- Description of the task: Print the lines of the data, starting with the first, up to and including the line where "abbrev replconf_text : Bytes" appears.

- Saved entries:
────────────────────
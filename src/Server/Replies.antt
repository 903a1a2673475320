-- ===== src/Server/Replies.antt =====
-- app/repl_handlers.go, and `info` of app/handlers.go.
use shitty_redis.Base.{[], ◌∷◌, ◌++◌, if◌then◌else◌}
use shitty_redis.Base.Go.{Bytes, Run, ok, ◌>>=◌}
use shitty_redis.Base.Int.{pos}
use shitty_redis.Strconv.{format_int}
use shitty_redis.Resp.Wire.{
  Any, EncodeType, resp_encoder, text, texts, number, simple, bulk, bulk_list, int,
}
use shitty_redis.Command.Fields.{Com, has_field}
use shitty_redis.Command.Name
use shitty_redis.Keyspace.Store.{Reply, reply, failed}
use shitty_redis.Keyspace.Strings.{ok_text}
use shitty_redis.Server.Config.{role_name, master, replica}
use shitty_redis.Server.Repl.{
  MasterRepl, Replication, master_repl, replica_repl, Server, lock, get_conn_count,
}

unfoldable pub encoded : Any → EncodeType → Run Reply
encoded v t = do out ← resp_encoder v t; ok (reply out)

abbrev replconf_text : Bytes
replconf_text = b'R' ∷ b'E' ∷ b'P' ∷ b'L' ∷ b'C' ∷ b'O' ∷ b'N' ∷ b'F' ∷ []

abbrev ack_text : Bytes
ack_text = b'A' ∷ b'C' ∷ b'K' ∷ []

unfoldable pub ack : Replication → Run Reply
ack (master_repl m) = ok failed
ack (replica_repl r) =
    encoded (texts (replconf_text ∷ ack_text ∷ format_int r.master_offset ∷ [])) bulk_list

unfoldable pub replconf : Com → Server → Run Reply
replconf cmd srv =
    if has_field Name.ack cmd.extras then ack srv.repl else encoded (text ok_text) simple

abbrev fullresync : Bytes
fullresync = b'F' ∷ b'U' ∷ b'L' ∷ b'L' ∷ b'R' ∷ b'E' ∷ b'S' ∷ b'Y' ∷ b'N' ∷ b'C' ∷ []

-- The text of the answer to PSYNC.
unfoldable pub resync_text : MasterRepl → Bytes
resync_text m = fullresync ++ (32 ∷ (m.id ++ (32 ∷ format_int m.offset)))

-- The lock is taken here; the connection's loop gives it up.
unfoldable pub psync_repl : Replication → Run (Reply × Replication)
psync_repl (replica_repl r) = ok (failed, replica_repl r)
psync_repl (master_repl m) = do
  held ← lock m
  out ← encoded (text (resync_text held)) simple
  ok (out, master_repl held)

unfoldable pub psync : Server → Run (Reply × Server)
psync srv = do (out, repl) ← psync_repl srv.repl; ok (out, record srv { repl = repl })

unfoldable pub wait_repl : Replication → Run Reply
wait_repl (replica_repl r) = ok failed
wait_repl (master_repl m) = encoded (number (pos (get_conn_count m))) int

unfoldable pub wait : Server → Run Reply
wait srv = wait_repl srv.repl

abbrev role_label : Bytes
role_label = b'r' ∷ b'o' ∷ b'l' ∷ b'e' ∷ b':' ∷ []

abbrev replid_label : Bytes
replid_label =
    b'm' ∷ b'a' ∷ b's' ∷ b't' ∷ b'e' ∷ b'r' ∷ b'_' ∷ b'r' ∷ b'e' ∷ b'p' ∷ b'l' ∷ b'i' ∷ b'd' ∷ b':'
    ∷ []

abbrev offset_label : Bytes
offset_label =
    b'm' ∷ b'a' ∷ b's' ∷ b't' ∷ b'e' ∷ b'r' ∷ b'_' ∷ b'r' ∷ b'e' ∷ b'p' ∷ b'l' ∷ b'_' ∷ b'o' ∷ b'f'
    ∷ b'f' ∷ b's' ∷ b'e' ∷ b't' ∷ b':' ∷ []

unfoldable pub info_text : Replication → Bytes
info_text (master_repl m) =
    role_label
    ++ (role_name master
        ++ (10 ∷ (replid_label ++ (m.id ++ (10 ∷ (offset_label ++ format_int m.offset))))))
info_text (replica_repl r) = role_label ++ role_name replica

unfoldable pub info : Server → Run Reply
info srv = encoded (text (info_text srv.repl)) bulk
────────────────────
- Task response:
filename src/Server/Replies.antt
repository 903a1a2673475320
-- ===== src/Server/Replies.antt =====
-- app/repl_handlers.go, and `info` of app/handlers.go.
use shitty_redis.Base.{[], ◌∷◌, ◌++◌, if◌then◌else◌}
use shitty_redis.Base.Go.{Bytes, Run, ok, ◌>>=◌}
use shitty_redis.Base.Int.{pos}
use shitty_redis.Strconv.{format_int}
use shitty_redis.Resp.Wire.{
  Any, EncodeType, resp_encoder, text, texts, number, simple, bulk, bulk_list, int,
}
use shitty_redis.Command.Fields.{Com, has_field}
use shitty_redis.Command.Name
use shitty_redis.Keyspace.Store.{Reply, reply, failed}
use shitty_redis.Keyspace.Strings.{ok_text}
use shitty_redis.Server.Config.{role_name, master, replica}
use shitty_redis.Server.Repl.{
  MasterRepl, Replication, master_repl, replica_repl, Server, lock, get_conn_count,
}

unfoldable pub encoded : Any → EncodeType → Run Reply
encoded v t = do out ← resp_encoder v t; ok (reply out)

abbrev replconf_text : Bytes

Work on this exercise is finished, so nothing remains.